CheR: Cheating Resilience in the Cloud via Smart Resource Allocation

Conference paper
Part of the Lecture Notes in Computer Science book series (LNCS, volume 8352)


Cloud computing offers unprecedented ways to split and offload the workload of parallel algorithms to remote computing nodes. However, such remote parties can potentially misbehave, for instance by providing fake computation results in order to save resources. In turn, these erroneous partial results can affect the timeliness and correctness of the overall outcome of the algorithm. The widely successful cloud approach increases the economic feasibility of leveraging computational redundancy to enforce some degree of assurance about the results. However, naïve solutions that dumbly replicate the same computation over several sets of nodes are not cost-efficient.
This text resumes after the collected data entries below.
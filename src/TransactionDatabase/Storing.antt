-- ===== src/TransactionDatabase/Storing.antt =====
-- `store` of src/databases/transaction_database.cpp.
use mathlib.Core.Path.{subst}
use bitprim_database.Prelude.{
  ℕ, ◌+◌, ◌≤◌, ◌<◌, ◌^◌, ◌≡◌, ◌∙◌, sym, ap, inl, inr, Bool, true, not, ◌&&◌, List, [], ◌∷◌, arith,
  ◌==◌, if◌then◌else◌, Bool-cases, is_some, length, Bytes, bytes_eq, eq_of_bytes_eq,
}
use bitprim_database.Run.{◌>>=◌, Returns}
use bitprim_database.Endian.{Endian, array_index_bound}
use bitprim_database.MemoryMap.{Os}
use bitprim_database.MemoryMap.Growth.{Works, max_exact}
use bitprim_database.Buckets.{Hash}
use bitprim_database.SlabHashTable.Invariant.{Represents-congr, CanStore, Grows}
use bitprim_database.SlabHashTable.Storing.{store-Represents-Grows}
use bitprim_database.UnspentOutputs.Cache.{IsCache}
use bitprim_database.UnspentOutputs.Adding.{add-IsCache}
use bitprim_database.Buckets.Found.{list_cases}
use bitprim_database.TransactionResult.{unconfirmed}
use bitprim_database.TransactionDatabase.{
  StoredTransaction, TransactionDatabase, create_transaction, store,
}
use bitprim_database.TransactionDatabase.Entries.{
  Entry, first, slab_of, slabs, length-slab_of, edited,
}
use bitprim_database.TransactionDatabase.Finding.{Keeps, Keeps-congr}
use bitprim_database.TransactionDatabase.Confirming.{placed, confirm_absent, confirm-Keeps}

-- A transaction with a hash and a size of the format, and room for its slab.
pub record HasRoomFor {Output : Type 0} (tx : StoredTransaction Output)
    (db : TransactionDatabase Output) : Type 0 where
  pub hash : length tx.transaction.hash ≡ 32
  pub body : length tx.body ≡ tx.serialized_size
  pub outputs : length tx.transaction.outputs < 2 ^ 32
  pub slab :
      db.lookup_map.manager.header_size
        + (db.lookup_map.manager.payload_size + (32 + 8 + (8 + tx.serialized_size)))
      ≤ max_exact

-- Whether `store` looks for the transaction among the pooled ones.
abbrev pub is_pooled : {Output : Type 0} → StoredTransaction Output → ℕ → Bool
is_pooled tx position = not (position == unconfirmed) && (not (position == 0) && tx.pooled)

abbrev pub entry : {Output : Type 0} → StoredTransaction Output → ℕ → ℕ → Entry
entry tx height position = record { height = height; position = position; body = tx.body }

-- The stack after `store`: a pooled transaction that is there gets the height and the position, and
-- any other one is new.
abbrev pub stored : {Output : Type 0} → StoredTransaction Output → ℕ → ℕ → List Entry → List Entry
stored tx height position ss =
    if is_pooled tx position && is_some (first ss)
    then edited (placed height position) ss
    else entry tx height position ∷ ss

module _ ⦃en : Endian⦄ (hash : Hash) {Output : Type 0} {os : Os} (works : Works os)
    (tx : StoredTransaction Output) (height position : ℕ) (small : height < array_index_bound)
    (small' : position < array_index_bound) where
  create_transaction-Keeps :
      (db : TransactionDatabase Output) (m : Bytes → List Entry)
      → Keeps hash db m
      → IsCache db.cache
      → HasRoomFor tx db
      → Returns (create_transaction hash os tx height position db) (λ db'.
        Keeps hash db'
          (λ q. if bytes_eq q tx.transaction.hash then entry tx height position ∷ m q else m q)
        × IsCache db'.cache
        × Grows (40 + (8 + tx.serialized_size)) db.lookup_map db'.lookup_map)
  unfolding create_transaction
  create_transaction-Keeps db m h cached room =
      let keyed : db.lookup_map.key_size ≡ 32 = h.keyed in
      let s = entry tx height position in
      let can : CanStore tx.transaction.hash (slab_of s) (8 + tx.serialized_size) db.lookup_map =
        record {
          keyed = room.hash ∙ sym h.keyed;
          fits = omega (arith, length-slab_of s, room.body);
          exact = rw keyed room.slab;
        } in
      let (r, run, (at', here, represents, kept, grows)) =
        store-Represents-Grows hash db.lookup_map (λ q. slabs (m q)) tx.transaction.hash (slab_of s)
          (8 + tx.serialized_size) works h.represents can in
      let (cache, added, cached') =
        add-IsCache tx.transaction height (not (position == unconfirmed)) db.cache room.outputs
          cached in
      (
        record db { lookup_map = r.1; cache = cache },
        rw (run, ◌>>=◌, added),
        (
          record {
            keyed = kept ∙ h.keyed;
            represents = Represents-congr hash represents (λ q.
                elim (Bool-cases (bytes_eq q tx.transaction.hash)) [
                  | inl own ↦ rw own
                  | inr other ↦ rw other
                ]);
            sized = λ q. elim (Bool-cases (bytes_eq q tx.transaction.hash)) [
              | inl own ↦ rw own (record { height = small; position = small' }, h.sized q)
              | inr other ↦ rw other (h.sized q)
            ];
          },
          cached',
          record { header = grows.header; payload = omega (arith, keyed, grows.payload) },
        ),
      )

  -- What `store` does, with a bound on the growth of the table.
  pub store_transaction-Grows :
      (db : TransactionDatabase Output) (m : Bytes → List Entry)
      → Keeps hash db m
      → IsCache db.cache
      → HasRoomFor tx db
      → Returns (store hash os tx height position db) (λ db'.
        Keeps hash db'
          (λ q. if bytes_eq q tx.transaction.hash then stored tx height position (m q) else m q)
        × IsCache db'.cache
        × Grows (40 + (8 + tx.serialized_size)) db.lookup_map db'.lookup_map)
  unfolding store
  store_transaction-Grows db m h cached room = elim (Bool-cases (is_pooled tx position)) [
    | inr fresh ↦
        let (r, run, (h', cached', grows)) = create_transaction-Keeps db m h cached room in
        (
          r,
          rw fresh run,
          (
            Keeps-congr hash h' (λ q. elim (Bool-cases (bytes_eq q tx.transaction.hash)) [
              | inl own ↦ rw (own, fresh)
              | inr other ↦ rw other
            ]),
            cached',
            grows,
          ),
        )
    | inl pooled ↦
        let key = tx.transaction.hash in
        elim (list_cases (m key)) [
          | inr (s, ss, filled) ↦
              let (r, run, (done, h', same, grows)) =
                confirm-Keeps hash db m key height position h room.hash small small' in
              let there : is_some (first (m key)) ≡ true = rw filled in
              let (cache, added, cached') =
                add-IsCache tx.transaction height true r.1.cache room.outputs
                  (subst IsCache (sym same) cached) in
              (
                record r.1 { cache = cache },
                rw (pooled, run, ◌>>=◌, done, there, added),
                (
                  Keeps-congr hash
                      (record { keyed = h'.keyed; represents = h'.represents; sized = h'.sized })
                      (λ q. elim (Bool-cases (bytes_eq q key)) [
                        | inl own ↦
                            let e : is_some (first (m q)) ≡ true =
                              ap (λ k. is_some (first (m k))) (eq_of_bytes_eq q key own) ∙ there in
                            rw (own, pooled, e)
                        | inr other ↦ rw other
                      ]),
                  cached',
                  record { header = grows.header; payload = omega (arith, grows.payload) },
                ),
              )
          | inl nil ↦
              let (r, run, (h', cached', grows)) = create_transaction-Keeps db m h cached room in
              (
                r,
                rw (pooled, confirm_absent hash db m key height position h room.hash nil, ◌>>=◌)
                    run,
                (
                  Keeps-congr hash h' (λ q. elim (Bool-cases (bytes_eq q key)) [
                    | inl own ↦
                        let e : m q ≡ [] = ap m (eq_of_bytes_eq q key own) ∙ nil in
                        rw (own, pooled, e)
                    | inr other ↦ rw other
                  ]),
                  cached',
                  grows,
                ),
              )
        ]
  ]

  -- `store` of a transaction at a height and a position of 32 bits, in a database that holds the
  -- transactions `m` and whose cache is well formed, returns where the system calls succeed and
  -- there is room for a slab. If the transaction is one of the pool, if its position is neither 0
  -- nor the one of the unconfirmed, and if its hash has a transaction, then the newest of these has
  -- the height and the position; otherwise the transaction is the newest of its hash. All other
  -- transactions are as before, and the cache is well formed.
  pub store_transaction-Keeps :
      (db : TransactionDatabase Output) (m : Bytes → List Entry)
      → Keeps hash db m
      → IsCache db.cache
      → HasRoomFor tx db
      → Returns (store hash os tx height position db) (λ db'.
        Keeps hash db'
          (λ q. if bytes_eq q tx.transaction.hash then stored tx height position (m q) else m q)
        × IsCache db'.cache)
  store_transaction-Keeps db m h cached room =
      let (r, run, (h', cached', grows)) = store_transaction-Grows db m h cached room in
      (r, run, (h', cached'))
In this paper, we provide several contributions as for the distribution of workload over (heterogeneous) cloud nodes. In particular, we first formalize the problem of computing a parallel function over a set of nodes; later, we introduce CheR (for Cheating Resilience), a novel approach based upon modelling the assignment of input elements to cloud nodes as a linear integer programming problem aimed at minimizing cost while being resilient against misbehaving nodes. Further, we describe the CheR approach in different scenarios and highlight the novelty with respect to other state-of-the-art solutions. Finally, we present and discuss some experimental results showing the viability and quality of our proposal.


Smart Resource Allocation Cloud Nodes Input Elements Outsourced Computation CHEERS Statement 
These keywords were added by machine and not by the authors. This process is experimental and the keywords may be updated as the learning algorithm improves.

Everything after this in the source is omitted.